Berita

Dalam urutan apa saya harus menambahkan bahan kimia ke dalam bak spa renang?

2025-10-25 15:35

Kolam renang spaKolam renang spa, yang menggabungkan fungsi olahraga kolam renang tradisional dengan pengalaman relaksasi bak mandi air panas hidroterapi, semakin populer di rumah dan pusat kebugaran karena multifungsi, ukuran sedang, dan penggunaan sepanjang tahun. Dibandingkan dengan kolam renang atau bak mandi air panas standar, kolam renang spa menampung lebih banyak air tetapi lebih kecil daripada kolam renang ukuran penuh. Lingkungan operasinya lebih tertutup, sehingga menghasilkan suhu air yang lebih tinggi dan sirkulasi air yang lebih cepat. Struktur unik ini menuntut teknik pengelolaan kualitas air yang lebih tinggi.


Salah satu pertanyaan terpenting adalah, "Dalam urutan apa saya harus menambahkan bahan kimia ke bak spa renang?" Pertanyaan yang tampaknya sederhana ini sebenarnya melibatkan banyak pengetahuan tentang prinsip-prinsip kimia air, urutan reaksi fisik, dan prosedur operasional praktis. Urutan penambahan yang salah tidak hanya memengaruhi kualitas air tetapi juga dapat menyebabkan konflik kimia, kekeruhan air, pelepasan gas yang mengiritasi, dan bahkan korosi peralatan.
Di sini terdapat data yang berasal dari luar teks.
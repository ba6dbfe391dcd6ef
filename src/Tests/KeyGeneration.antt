-- ===== src/Tests/KeyGeneration.antt =====
-- Key generation of two parties of src/v1.rs, both with the polynomial 1 + 3x, and what follows.
use wsts.Prelude.{ℕ, ◌≡◌, refl, List, [], ◌∷◌, map, arith}
use wsts.Prelude.Maps.{Map}
use wsts.Prelude.Outcome.{ok}
use wsts.Curve.Five.{F5, f0, f1, f2, f3, f4, five, five-MultimultSucceeds, apart}
use wsts.Common.{PolyCommitment, PublicNonce, Signature, SignatureShare, verify}
use wsts.Common.CheckPrivateShares.{new, multimult_trait}
use wsts.Compute.{id, intermediate}
use wsts.Compute.Interpolation.{evaluate}
use wsts.Schnorr
use wsts.Util.{hash_to_scalar}
use wsts.V1.Aggregator.{Aggregator, group_poly, init, sign}
use wsts.V1.BatchSum.{batch-sum, values_sum}
use wsts.V1.Dkg.{missing, bad_ids_of, bad_id, batch, add_shares}
use wsts.V1.Honest.{AreHonest, ids, public_nonces}
use wsts.V1.HonestRound.{honest_round-sign}
use wsts.V1.KeyGeneration.{keyed, keyed-AreHonest, Succeed}
use wsts.V1.Keys.{constants, share_sum}
use wsts.V1.Lifecycle.{key_generation-sign}
use wsts.V1.Party
use wsts.V1.Party.{Party, compute_secret, get_shares, get_poly_commitment}
use wsts.V1.Tally.{total}

abbrev party : ℕ → Party ⦃c = five⦄
party i = record {
  id = i;
  public_key = f0;
  f = f1 ∷ f3 ∷ [];
  n = 2;
  private_key = f0;
  group_key = f0;
  nonce = record { d = f1; e = f2 };
}

abbrev pub comm : ℕ → PolyCommitment ⦃c = five⦄
comm i = record { id = (Schnorr.new ⦃c = five⦄ (id ⦃c = five⦄ i) f1 1).0; poly = f1 ∷ f3 ∷ [] }

abbrev comms : List (PolyCommitment ⦃c = five⦄)
comms = comm 0 ∷ comm 1 ∷ []

abbrev sent : F5 → Map F5
sent s = (0, s) ∷ (1, s) ∷ []

-- The parties, each with the values at its id.
abbrev members : List (Party ⦃c = five⦄ × Map F5)
members = (party 0, sent f4) ∷ (party 1, sent f2) ∷ []

abbrev self : Aggregator ⦃c = five⦄
self = record { num_keys = 2; threshold = 2; poly = [] }

abbrev parties : List (Party ⦃c = five⦄)
parties = keyed ⦃c = five⦄ comms members

members-Succeed : Succeed ⦃c = five⦄ comms 2 members
unfolding compute_secret missing bad_ids_of bad_id verify Schnorr.verify Schnorr.new hash_to_scalar
    id batch new multimult_trait add_shares
members-Succeed = ((refl, refl, omega arith), refl, ((refl, refl, omega arith), refl, tt))

keyed-AreHonest_example : AreHonest ⦃c = five⦄ (f2 ∷ f1 ∷ []) f2 parties
unfolding group_poly verify Schnorr.verify Schnorr.new hash_to_scalar id constants
keyed-AreHonest_example =
    keyed-AreHonest ⦃c = five⦄ five-MultimultSucceeds self comms (f2 ∷ f1 ∷ []) (refl, (refl, tt))
      refl members members-Succeed

abbrev rng : ℕ → ℕ
rng i = (Schnorr.new ⦃c = five⦄ (id ⦃c = five⦄ i) f1 1).1

batch-sum_example : batch ⦃c = five⦄ f1 (sent f2) comms ≡ ok f4
unfolding values_sum evaluate share_sum
batch-sum_example =
    batch-sum ⦃c = five⦄ f1 (sent f2) comms (comm 0) refl (refl, (refl, tt)) refl refl (omega arith)
      five-MultimultSucceeds

abbrev nonces : List (PublicNonce ⦃c = five⦄)
nonces = public_nonces ⦃c = five⦄ parties

abbrev signed : List (SignatureShare ⦃c = five⦄)
signed = map (λ p. Party.sign ⦃c = five⦄ p (7 ∷ []) (ids ⦃c = five⦄ parties) nonces) parties

abbrev signature : Signature ⦃c = five⦄
signature = record {
  R = (intermediate ⦃c = five⦄ (7 ∷ []) (ids ⦃c = five⦄ parties) nonces).1;
  z = total ⦃c = five⦄ signed;
}

key_generation-sign_example :
    sign ⦃c = five⦄ (init ⦃c = five⦄ comms self).0 (7 ∷ []) nonces signed [] ≡ ok signature
unfolding init id compute_secret verify Schnorr.verify Schnorr.new hash_to_scalar
key_generation-sign_example =
    key_generation-sign ⦃c = five⦄ five-MultimultSucceeds self comms members (7 ∷ []) []
      (omega arith) (refl, (refl, tt)) refl members-Succeed ((apart f1 f2 refl, tt), (tt, tt))
      (omega arith)

honest_round-sign_example :
    sign ⦃c = five⦄ (init ⦃c = five⦄ comms self).0 (7 ∷ []) nonces signed [] ≡ ok signature
unfolding get_shares get_poly_commitment id
honest_round-sign_example =
    honest_round-sign ⦃c = five⦄ five-MultimultSucceeds self (party 0 ∷ party 1 ∷ []) comms members
      (7 ∷ []) [] (omega arith) (omega arith) refl (omega arith)
      (
        refl,
        (refl, refl, ((1, rng 0), refl), refl, (refl, refl, ((1, rng 1), refl), refl, tt)),
        (
          refl,
          (refl, refl, ((1, rng 0), refl), refl, (refl, refl, ((1, rng 1), refl), refl, tt)),
          tt,
        ),
      )
      ((apart f1 f2 refl, tt), (tt, tt)) (omega arith)
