-- ===== src/Tests/Exchange.antt =====
-- Signers of src/v1.rs and a coordinator.
use wsts.Prelude.{
  ℕ, ◌≡◌, ◌≤◌, refl, some, none, false, List, [], ◌∷◌, ◌++◌, arith, replicate, length, range,
  flat_map,
}
use wsts.Prelude.Outcome.{ok}
use wsts.Curve.Five.{f2, f3, f4, five}
use wsts.Net
use wsts.Net.{Packet, hash, sign, signed}
use wsts.Traits.{AggregatorTrait, SignerTrait}
use wsts.Util.Encryption.{encrypt, decrypt, decrypt-encrypt, make_shared_secret}
use wsts.TestHelpers.{gen_signer_ids}
use wsts.TestHelpers.Ids.{gen_signer_ids-range}
use wsts.V1.Trait.{aggregator_trait, signer_trait}
use wsts.StateMachine.Coordinator.{nonce_request}
use wsts.StateMachine.Coordinator.Frost.{Coordinator}
use wsts.StateMachine.Signer.{SigningRound, idle}
use wsts.StateMachine.Signer.Cycle.{Trace, is_ok}
use wsts.StateMachine.Signer.Traces.{process_inbound_messages-Trace}
use wsts.StateMachine.Signer.Dkg.{received, encrypt_share}
use wsts.StateMachine.Signer.Process.{process_inbound_messages}
use wsts.StateMachine.Signer.Sharing.{received-encrypt_share}
use wsts.Tests.Channel.{channel}

abbrev pub agg : AggregatorTrait ⦃c = five⦄
agg = aggregator_trait ⦃c = five⦄

abbrev pub sgn : SignerTrait ⦃c = five⦄
sgn = signer_trait ⦃c = five⦄

abbrev pub Group : Type 0
Group = Coordinator ⦃c = five⦄ ⦃agg = agg⦄

abbrev pub Participant : Type 0
Participant = SigningRound ⦃c = five⦄ ⦃ch = channel⦄ ⦃sgn = sgn⦄

abbrev pub participant : ℕ → Participant
participant i = record {
  dkg_id = 0;
  sign_id = 1;
  sign_iter_id = 1;
  threshold = 2;
  total_signers = 2;
  total_keys = 2;
  signer = record { id = i; num_keys = 2; group_key = f2; parties = [] };
  signer_id = i;
  state = idle;
  commitments = [];
  decrypted_shares = [];
  invalid_private_shares = [];
  public_nonces = [];
  network_private_key = f3;
  public_keys = record { signers = []; key_ids = [] };
  os_rng = 1;
}

abbrev pub asking : Group
asking = record {
  current_dkg_id = 1;
  current_sign_id = 1;
  current_sign_iter_id = 0;
  total_signers = 2;
  total_keys = 2;
  threshold = 2;
  dkg_public_shares = [];
  party_polynomials = [];
  public_nonces = [];
  signature_shares = [];
  aggregate_public_key = some f2;
  signature = none;
  schnorr_proof = none;
  message_private_key = f3;
  ids_to_await = [];
  message = 7 ∷ [];
  state = nonce_request false none;
  aggregator = record { num_keys = 2; threshold = 2; poly = [] };
}

abbrev pub request : Packet ⦃c = five⦄
request = record {
  msg = Net.nonce_request (record { dkg_id = 1; sign_id = 1; sign_iter_id = 0 });
  sig = 3 ∷ 253 ∷ [];
}

decrypt-encrypt_example :
    decrypt ⦃c = five⦄ ⦃ch = channel⦄ (1 ∷ []) (replicate 12 0 ++ 4 ∷ []) ≡ ok (4 ∷ [])
unfolding encrypt
decrypt-encrypt_example =
    decrypt-encrypt ⦃c = five⦄ ⦃ch = channel⦄ (1 ∷ []) (4 ∷ []) 0 (replicate 12 0 ++ 4 ∷ []) refl

received-encrypt_share_example :
    received ⦃c = five⦄ ⦃ch = channel⦄ 0 1
      (decrypt ⦃c = five⦄ ⦃ch = channel⦄
        (make_shared_secret ⦃c = five⦄ f3 f2)
        (replicate 12 0 ++ 4 ∷ []))
      ([], [])
    ≡ some ((1, f4) ∷ [], [])
unfolding encrypt encrypt_share
received-encrypt_share_example =
    received-encrypt_share ⦃c = five⦄ ⦃ch = channel⦄ f2 f3 f4 ((2, f3) ∷ []) 0 1 0 0
      (replicate 12 0 ++ 4 ∷ []) [] [] refl refl

-- The start of a round of key generation, and the request for nonces.
abbrev arriving : List (Packet ⦃c = five⦄)
arriving = record { msg = Net.dkg_begin (record { dkg_id = 1 }); sig = [] } ∷ request ∷ []

process_inbound_messages-Trace_example :
    Trace ⦃c = five⦄ arriving idle
      (process_inbound_messages ⦃c = five⦄ ⦃ch = channel⦄ ⦃sgn = sgn⦄ arriving
        (participant 0)).0.state
      (is_ok
        (process_inbound_messages ⦃c = five⦄ ⦃ch = channel⦄ ⦃sgn = sgn⦄ arriving (participant 0)).1)
process_inbound_messages-Trace_example =
    process_inbound_messages-Trace ⦃c = five⦄ ⦃ch = channel⦄ ⦃sgn = sgn⦄ arriving (participant 0)

gen_signer_ids-range_example :
    (ids : List (List ℕ)) × (gen_signer_ids 7 3 ≡ some ids)
    × (length ids ≡ 3)
    × (flat_map (λ is. is) ids ≡ range 6)
    × (6 ≤ 7)
gen_signer_ids-range_example = gen_signer_ids-range 7 3 (omega arith)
Artikel ini akan membahas karakteristik air pada bak spa renang, merinci prinsip-prinsip pengaturan parameter kimia air, dan memberikan urutan serta metode yang direkomendasikan untuk menambahkan bahan kimia guna memastikan air selalu aman, jernih, higienis, dan ramah terhadap peralatan.

swim spa tub

Mengapa pengelolaan air di kolam renang spa begitu kompleks?

Sebelum membahas secara formal urutan penambahan bahan kimia, penting untuk memahami kompleksitas pengelolaan air selama pengoperasian kolam renang spa.


1. Reaksi kimia lebih intens pada suhu tinggi.

Suhu air di kolam spa biasanya dijaga pada suhu 30–38°C, jauh lebih tinggi daripada di kolam renang biasa. Suhu yang lebih tinggi mempercepat reaksi kimia, menyebabkan dekomposisi disinfektan yang lebih cepat dan peningkatan senyawa volatil (seperti kloramin). Oleh karena itu, pengendalian kualitas air memerlukan pemantauan yang lebih sering dan tepat.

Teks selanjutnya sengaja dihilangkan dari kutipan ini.